Provided records —
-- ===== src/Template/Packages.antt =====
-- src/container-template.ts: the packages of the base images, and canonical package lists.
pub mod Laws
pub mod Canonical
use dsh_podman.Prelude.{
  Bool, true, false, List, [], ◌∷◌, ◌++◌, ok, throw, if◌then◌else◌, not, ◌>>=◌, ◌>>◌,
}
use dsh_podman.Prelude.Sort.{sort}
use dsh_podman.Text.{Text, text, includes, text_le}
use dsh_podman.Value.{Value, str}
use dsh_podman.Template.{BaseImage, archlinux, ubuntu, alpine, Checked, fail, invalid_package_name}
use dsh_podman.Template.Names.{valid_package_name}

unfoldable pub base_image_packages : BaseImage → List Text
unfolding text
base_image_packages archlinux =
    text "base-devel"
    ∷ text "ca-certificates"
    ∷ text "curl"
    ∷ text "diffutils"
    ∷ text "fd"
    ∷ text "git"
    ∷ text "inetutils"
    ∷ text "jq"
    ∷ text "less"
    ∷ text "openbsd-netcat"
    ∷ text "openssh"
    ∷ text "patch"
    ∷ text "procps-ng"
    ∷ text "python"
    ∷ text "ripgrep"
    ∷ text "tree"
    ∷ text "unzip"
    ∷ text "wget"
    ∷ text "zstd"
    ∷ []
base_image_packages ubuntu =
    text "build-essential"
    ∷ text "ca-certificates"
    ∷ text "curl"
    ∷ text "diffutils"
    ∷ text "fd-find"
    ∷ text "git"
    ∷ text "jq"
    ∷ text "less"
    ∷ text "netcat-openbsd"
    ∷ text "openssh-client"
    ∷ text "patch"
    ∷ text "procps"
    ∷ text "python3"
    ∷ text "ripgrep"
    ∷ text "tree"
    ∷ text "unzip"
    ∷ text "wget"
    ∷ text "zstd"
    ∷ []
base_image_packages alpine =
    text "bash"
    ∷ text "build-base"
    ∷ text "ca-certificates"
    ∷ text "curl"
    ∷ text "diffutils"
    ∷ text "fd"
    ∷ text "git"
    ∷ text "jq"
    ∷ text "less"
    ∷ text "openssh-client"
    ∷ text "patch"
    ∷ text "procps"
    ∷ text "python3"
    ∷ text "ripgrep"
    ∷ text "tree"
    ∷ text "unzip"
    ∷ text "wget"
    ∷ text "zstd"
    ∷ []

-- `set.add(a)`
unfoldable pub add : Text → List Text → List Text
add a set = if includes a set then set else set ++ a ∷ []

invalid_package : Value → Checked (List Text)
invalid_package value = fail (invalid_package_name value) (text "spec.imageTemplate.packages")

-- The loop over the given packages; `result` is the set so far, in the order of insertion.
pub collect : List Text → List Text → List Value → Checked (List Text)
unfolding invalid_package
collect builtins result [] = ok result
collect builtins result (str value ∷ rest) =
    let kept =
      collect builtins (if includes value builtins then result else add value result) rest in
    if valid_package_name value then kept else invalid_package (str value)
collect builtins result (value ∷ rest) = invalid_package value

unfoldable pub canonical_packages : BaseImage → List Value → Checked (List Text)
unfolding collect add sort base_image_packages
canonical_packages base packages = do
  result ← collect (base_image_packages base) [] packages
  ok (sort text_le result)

* * *

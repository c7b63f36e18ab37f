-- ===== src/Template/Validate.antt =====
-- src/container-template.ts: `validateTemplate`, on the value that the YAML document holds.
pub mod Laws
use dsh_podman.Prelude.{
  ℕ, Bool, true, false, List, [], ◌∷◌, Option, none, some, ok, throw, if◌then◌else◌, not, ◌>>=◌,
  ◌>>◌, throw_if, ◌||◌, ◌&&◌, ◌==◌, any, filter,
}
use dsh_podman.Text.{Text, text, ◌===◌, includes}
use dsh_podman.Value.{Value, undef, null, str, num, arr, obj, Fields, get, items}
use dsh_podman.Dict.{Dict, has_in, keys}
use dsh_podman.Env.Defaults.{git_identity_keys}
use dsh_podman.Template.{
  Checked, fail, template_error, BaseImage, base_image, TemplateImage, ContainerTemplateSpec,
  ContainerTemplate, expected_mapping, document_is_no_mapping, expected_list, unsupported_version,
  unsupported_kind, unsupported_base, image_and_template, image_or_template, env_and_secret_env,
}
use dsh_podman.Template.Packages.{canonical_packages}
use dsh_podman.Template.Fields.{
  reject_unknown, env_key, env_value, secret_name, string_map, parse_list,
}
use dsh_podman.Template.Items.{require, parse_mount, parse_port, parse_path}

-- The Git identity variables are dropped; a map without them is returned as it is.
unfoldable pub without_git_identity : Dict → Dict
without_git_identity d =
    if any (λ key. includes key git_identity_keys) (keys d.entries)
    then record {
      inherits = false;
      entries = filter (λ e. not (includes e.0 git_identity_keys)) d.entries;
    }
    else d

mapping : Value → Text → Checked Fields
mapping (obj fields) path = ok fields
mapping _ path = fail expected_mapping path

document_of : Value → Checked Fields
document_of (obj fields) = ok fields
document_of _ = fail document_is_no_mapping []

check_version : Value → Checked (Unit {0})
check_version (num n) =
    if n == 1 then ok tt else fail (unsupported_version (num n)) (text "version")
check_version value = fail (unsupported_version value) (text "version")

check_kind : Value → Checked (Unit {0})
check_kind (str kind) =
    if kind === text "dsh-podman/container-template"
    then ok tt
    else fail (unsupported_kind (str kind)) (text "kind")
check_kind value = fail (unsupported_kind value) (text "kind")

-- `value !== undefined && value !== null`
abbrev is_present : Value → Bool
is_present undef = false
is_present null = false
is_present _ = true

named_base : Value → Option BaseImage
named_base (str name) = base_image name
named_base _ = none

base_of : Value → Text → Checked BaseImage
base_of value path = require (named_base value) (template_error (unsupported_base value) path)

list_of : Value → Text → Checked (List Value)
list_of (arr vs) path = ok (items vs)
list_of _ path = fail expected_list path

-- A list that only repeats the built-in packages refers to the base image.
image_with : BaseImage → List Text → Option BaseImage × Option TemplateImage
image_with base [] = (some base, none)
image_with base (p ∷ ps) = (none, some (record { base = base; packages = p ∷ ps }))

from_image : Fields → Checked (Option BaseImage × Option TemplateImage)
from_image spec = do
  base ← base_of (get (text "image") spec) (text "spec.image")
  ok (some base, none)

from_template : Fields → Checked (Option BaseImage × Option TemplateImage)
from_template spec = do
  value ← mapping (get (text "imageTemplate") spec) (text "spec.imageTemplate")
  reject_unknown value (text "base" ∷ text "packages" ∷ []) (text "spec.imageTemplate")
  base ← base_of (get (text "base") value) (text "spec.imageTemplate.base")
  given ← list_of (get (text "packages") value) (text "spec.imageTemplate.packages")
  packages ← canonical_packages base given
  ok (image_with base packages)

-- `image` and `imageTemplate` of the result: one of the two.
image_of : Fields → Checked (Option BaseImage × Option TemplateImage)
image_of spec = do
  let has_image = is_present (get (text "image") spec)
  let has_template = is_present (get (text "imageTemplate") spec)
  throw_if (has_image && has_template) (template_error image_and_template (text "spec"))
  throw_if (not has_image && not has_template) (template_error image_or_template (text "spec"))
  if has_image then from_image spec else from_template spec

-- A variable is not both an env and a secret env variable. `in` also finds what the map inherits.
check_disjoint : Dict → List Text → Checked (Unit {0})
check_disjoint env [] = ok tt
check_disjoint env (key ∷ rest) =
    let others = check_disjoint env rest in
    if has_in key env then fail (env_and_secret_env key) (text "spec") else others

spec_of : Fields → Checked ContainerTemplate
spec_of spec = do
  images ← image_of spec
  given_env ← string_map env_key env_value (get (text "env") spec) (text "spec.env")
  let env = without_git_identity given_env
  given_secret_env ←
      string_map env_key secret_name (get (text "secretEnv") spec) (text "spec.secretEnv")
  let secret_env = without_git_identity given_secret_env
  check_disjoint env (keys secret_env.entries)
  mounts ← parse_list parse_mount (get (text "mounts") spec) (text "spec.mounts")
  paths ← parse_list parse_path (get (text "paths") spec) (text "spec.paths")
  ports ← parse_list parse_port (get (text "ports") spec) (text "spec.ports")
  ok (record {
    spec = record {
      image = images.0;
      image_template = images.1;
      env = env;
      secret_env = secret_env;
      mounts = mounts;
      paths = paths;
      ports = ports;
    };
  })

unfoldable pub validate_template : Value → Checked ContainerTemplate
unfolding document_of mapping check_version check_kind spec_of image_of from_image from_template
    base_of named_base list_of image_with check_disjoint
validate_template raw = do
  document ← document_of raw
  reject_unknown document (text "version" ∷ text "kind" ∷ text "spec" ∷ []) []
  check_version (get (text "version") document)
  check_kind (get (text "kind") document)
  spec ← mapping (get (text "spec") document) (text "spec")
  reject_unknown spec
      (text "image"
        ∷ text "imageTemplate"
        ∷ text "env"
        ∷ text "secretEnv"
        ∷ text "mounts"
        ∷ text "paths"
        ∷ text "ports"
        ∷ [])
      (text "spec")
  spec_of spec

==

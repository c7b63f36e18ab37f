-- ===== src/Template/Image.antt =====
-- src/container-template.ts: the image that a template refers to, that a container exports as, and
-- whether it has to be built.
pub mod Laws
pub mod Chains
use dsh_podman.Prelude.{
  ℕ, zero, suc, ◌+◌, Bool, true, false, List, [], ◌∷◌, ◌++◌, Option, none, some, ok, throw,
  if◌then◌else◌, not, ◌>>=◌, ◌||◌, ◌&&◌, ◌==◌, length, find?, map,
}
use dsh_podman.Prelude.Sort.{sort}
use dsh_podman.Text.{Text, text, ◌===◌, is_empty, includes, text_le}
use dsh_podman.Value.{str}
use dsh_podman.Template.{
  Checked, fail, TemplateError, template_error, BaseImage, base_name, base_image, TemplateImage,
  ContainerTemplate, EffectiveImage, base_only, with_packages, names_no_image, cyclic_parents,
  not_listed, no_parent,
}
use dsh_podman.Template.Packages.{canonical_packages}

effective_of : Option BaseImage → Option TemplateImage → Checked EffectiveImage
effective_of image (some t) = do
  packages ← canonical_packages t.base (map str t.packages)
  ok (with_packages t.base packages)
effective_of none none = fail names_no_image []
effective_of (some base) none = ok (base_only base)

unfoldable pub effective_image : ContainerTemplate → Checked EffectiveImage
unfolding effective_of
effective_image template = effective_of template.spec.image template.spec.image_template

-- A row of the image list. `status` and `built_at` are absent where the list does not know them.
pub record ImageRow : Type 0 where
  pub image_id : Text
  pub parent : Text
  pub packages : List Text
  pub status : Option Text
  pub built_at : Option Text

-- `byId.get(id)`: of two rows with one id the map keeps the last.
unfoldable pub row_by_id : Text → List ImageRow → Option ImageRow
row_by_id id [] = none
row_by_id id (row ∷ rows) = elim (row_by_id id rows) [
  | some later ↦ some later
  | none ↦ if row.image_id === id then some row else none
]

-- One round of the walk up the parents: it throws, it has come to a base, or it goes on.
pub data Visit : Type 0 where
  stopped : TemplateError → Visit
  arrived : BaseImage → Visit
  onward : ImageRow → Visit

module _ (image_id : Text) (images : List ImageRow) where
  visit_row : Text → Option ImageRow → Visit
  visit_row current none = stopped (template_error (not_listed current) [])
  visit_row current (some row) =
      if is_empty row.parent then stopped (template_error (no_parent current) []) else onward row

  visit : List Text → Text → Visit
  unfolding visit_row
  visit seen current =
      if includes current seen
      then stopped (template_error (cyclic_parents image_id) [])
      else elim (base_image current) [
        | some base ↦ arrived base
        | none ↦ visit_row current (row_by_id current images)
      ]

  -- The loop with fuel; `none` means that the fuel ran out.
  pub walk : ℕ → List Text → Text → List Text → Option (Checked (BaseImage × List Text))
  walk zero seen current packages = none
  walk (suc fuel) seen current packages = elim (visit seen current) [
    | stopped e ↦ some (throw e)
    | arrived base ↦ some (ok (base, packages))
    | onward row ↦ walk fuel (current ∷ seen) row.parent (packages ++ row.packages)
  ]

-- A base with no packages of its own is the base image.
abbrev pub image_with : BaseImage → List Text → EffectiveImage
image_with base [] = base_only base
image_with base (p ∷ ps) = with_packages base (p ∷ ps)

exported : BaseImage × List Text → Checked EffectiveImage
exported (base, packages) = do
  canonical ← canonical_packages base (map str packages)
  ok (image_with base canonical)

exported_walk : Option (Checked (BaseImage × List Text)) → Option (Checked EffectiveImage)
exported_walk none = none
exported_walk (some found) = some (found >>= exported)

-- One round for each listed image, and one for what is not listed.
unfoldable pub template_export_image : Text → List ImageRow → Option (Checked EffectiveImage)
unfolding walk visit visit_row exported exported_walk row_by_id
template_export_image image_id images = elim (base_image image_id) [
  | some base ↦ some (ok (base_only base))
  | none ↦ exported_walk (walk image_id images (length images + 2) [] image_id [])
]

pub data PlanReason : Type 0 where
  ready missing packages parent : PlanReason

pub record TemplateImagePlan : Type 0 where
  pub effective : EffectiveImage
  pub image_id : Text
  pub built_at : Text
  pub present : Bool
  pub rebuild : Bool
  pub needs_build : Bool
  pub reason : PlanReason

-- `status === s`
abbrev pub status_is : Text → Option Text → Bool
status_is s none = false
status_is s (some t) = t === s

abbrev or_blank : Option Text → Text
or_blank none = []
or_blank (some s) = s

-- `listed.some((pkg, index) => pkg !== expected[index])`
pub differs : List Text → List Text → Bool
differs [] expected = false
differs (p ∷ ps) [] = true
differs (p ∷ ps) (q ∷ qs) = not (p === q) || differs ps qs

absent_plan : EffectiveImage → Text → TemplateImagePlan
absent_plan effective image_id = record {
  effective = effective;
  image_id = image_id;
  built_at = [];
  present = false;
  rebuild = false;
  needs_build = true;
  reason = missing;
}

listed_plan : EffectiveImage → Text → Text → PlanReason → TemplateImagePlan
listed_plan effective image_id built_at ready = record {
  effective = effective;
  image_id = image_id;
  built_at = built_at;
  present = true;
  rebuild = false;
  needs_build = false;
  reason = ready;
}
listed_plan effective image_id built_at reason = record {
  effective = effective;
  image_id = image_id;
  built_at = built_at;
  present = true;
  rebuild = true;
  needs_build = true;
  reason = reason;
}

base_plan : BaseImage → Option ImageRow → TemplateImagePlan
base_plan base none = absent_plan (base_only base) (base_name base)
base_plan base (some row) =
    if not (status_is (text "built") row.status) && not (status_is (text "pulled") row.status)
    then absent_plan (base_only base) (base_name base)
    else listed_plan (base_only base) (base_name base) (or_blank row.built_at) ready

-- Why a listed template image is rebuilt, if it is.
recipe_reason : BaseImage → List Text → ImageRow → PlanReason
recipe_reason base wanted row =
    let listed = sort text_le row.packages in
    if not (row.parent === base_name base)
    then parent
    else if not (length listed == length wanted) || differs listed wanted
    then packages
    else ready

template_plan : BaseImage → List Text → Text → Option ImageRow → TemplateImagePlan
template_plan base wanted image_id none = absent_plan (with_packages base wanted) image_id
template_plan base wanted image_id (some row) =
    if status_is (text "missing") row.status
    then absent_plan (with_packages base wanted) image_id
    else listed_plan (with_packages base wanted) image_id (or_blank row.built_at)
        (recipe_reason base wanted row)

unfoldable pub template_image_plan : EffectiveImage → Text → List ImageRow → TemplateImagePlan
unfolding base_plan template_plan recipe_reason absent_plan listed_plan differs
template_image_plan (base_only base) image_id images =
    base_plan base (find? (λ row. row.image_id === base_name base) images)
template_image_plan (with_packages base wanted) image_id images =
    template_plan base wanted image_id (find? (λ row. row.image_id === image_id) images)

Exercise directions — Show each line of the material that includes the word "abbrev".

Exercise result —
abbrev is_present : Value → Bool
abbrev pub image_with : BaseImage → List Text → EffectiveImage
abbrev pub status_is : Text → Option Text → Bool
abbrev or_blank : Option Text → Text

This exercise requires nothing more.